Collected data entries
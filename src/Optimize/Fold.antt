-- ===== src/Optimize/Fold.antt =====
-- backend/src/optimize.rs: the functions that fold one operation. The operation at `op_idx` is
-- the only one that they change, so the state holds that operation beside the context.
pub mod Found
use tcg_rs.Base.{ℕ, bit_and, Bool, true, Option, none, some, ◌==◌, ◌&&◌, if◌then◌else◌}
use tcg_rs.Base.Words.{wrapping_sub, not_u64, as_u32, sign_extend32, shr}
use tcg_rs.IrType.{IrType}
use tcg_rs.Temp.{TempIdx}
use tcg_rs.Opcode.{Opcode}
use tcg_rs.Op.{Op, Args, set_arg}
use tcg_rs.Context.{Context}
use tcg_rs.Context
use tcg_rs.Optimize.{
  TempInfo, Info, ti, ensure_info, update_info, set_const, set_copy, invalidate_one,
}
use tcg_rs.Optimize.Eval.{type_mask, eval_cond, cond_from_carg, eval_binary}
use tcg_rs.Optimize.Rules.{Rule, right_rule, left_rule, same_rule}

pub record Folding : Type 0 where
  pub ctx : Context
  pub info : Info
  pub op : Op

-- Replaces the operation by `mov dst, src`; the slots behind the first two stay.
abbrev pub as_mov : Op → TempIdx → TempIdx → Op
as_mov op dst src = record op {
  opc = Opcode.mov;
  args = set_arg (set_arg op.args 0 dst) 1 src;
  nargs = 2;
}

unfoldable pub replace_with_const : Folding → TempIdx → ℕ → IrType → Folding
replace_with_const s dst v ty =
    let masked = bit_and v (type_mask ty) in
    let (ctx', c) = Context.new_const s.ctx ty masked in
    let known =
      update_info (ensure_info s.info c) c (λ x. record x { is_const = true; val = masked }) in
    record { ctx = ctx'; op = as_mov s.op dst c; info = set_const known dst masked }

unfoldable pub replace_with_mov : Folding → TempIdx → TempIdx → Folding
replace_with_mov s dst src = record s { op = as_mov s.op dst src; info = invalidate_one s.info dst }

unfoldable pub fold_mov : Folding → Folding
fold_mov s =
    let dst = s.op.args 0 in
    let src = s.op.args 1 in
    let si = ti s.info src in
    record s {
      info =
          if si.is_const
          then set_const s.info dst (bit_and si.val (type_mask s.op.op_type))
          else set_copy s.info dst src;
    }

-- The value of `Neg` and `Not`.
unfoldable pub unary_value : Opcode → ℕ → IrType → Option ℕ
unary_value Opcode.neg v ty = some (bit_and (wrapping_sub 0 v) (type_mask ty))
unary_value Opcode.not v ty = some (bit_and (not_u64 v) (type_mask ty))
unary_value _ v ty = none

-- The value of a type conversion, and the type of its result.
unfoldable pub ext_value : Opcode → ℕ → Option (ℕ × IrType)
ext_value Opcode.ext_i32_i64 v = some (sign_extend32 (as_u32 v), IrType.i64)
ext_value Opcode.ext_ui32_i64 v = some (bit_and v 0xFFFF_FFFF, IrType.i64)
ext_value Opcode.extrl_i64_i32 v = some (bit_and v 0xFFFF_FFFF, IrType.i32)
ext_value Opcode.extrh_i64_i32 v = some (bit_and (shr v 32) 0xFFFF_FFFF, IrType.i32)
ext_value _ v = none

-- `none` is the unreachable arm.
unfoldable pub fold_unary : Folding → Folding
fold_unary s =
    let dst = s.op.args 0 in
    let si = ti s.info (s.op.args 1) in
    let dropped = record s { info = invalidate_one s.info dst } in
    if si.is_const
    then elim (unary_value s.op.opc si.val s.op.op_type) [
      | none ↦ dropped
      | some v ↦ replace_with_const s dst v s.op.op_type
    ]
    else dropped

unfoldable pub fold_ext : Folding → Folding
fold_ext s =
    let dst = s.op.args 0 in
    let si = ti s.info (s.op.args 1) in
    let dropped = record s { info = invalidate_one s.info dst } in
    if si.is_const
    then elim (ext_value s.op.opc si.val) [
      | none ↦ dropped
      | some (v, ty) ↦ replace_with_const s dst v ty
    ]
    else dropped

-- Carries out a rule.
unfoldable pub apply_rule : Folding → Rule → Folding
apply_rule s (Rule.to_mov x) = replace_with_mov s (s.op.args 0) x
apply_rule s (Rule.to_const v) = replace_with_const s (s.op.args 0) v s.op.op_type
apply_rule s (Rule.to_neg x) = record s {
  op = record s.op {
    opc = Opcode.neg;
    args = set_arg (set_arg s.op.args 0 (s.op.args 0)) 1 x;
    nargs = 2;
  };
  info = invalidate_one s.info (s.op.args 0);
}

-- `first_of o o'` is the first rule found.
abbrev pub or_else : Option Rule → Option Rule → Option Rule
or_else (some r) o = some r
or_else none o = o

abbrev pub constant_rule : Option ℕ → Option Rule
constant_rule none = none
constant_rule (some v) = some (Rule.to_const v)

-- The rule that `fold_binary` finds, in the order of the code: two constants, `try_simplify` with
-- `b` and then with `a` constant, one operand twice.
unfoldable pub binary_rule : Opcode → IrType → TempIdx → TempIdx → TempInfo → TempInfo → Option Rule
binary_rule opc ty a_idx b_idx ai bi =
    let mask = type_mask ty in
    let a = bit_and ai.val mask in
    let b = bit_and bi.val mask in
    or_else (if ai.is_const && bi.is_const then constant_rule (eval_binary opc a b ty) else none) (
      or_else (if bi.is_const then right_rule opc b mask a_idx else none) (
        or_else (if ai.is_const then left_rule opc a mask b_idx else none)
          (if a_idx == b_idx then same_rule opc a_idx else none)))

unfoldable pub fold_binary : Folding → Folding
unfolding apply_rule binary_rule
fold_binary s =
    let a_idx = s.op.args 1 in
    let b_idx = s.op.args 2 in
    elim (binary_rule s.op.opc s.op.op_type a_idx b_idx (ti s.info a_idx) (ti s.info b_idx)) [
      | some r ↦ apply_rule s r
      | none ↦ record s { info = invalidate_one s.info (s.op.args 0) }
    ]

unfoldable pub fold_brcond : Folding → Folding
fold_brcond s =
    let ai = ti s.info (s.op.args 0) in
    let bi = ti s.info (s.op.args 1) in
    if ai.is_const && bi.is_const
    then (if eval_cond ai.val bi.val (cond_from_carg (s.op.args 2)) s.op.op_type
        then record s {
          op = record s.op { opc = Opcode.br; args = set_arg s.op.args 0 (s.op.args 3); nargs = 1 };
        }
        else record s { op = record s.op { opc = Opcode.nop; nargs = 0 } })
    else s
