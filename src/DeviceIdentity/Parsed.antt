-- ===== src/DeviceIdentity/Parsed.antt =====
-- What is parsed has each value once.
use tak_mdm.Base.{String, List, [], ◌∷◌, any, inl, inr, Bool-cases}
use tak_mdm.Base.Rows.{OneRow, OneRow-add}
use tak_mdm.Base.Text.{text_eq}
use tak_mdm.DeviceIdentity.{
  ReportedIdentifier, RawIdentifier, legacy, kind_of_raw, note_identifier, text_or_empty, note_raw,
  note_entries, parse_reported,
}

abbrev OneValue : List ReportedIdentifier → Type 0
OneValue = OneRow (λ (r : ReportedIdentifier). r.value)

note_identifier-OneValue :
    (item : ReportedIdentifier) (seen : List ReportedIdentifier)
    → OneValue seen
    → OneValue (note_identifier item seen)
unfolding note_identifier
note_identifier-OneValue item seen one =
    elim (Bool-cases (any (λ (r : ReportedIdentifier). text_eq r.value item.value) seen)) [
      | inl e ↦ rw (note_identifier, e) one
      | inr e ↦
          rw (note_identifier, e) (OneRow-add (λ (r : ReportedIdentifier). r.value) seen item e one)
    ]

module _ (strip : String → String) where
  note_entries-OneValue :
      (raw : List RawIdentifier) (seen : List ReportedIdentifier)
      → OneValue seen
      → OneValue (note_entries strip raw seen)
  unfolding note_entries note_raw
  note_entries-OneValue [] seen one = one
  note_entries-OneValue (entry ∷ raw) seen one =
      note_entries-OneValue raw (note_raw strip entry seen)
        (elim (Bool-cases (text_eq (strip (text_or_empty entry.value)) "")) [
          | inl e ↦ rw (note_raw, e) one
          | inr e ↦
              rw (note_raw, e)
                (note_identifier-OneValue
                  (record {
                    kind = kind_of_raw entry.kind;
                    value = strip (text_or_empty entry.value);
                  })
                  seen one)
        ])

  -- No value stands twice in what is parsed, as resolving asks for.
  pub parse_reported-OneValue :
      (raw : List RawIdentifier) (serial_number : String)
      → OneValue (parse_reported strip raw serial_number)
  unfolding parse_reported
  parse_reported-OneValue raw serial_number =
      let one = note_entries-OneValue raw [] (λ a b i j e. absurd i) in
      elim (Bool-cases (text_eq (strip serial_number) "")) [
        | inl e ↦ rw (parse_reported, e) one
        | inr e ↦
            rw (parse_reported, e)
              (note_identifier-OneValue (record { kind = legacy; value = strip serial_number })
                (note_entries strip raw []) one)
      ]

**Exercise goal**
Write out only the lines that run from the line containing "first rule found." through the line containing "constant_rule (some v)", both included, exactly as they appear above.

**Reply**
-- `first_of o o'` is the first rule found.
abbrev pub or_else : Option Rule → Option Rule → Option Rule
or_else (some r) o = some r
or_else none o = o

abbrev pub constant_rule : Option ℕ → Option Rule
constant_rule none = none
constant_rule (some v) = some (Rule.to_const v)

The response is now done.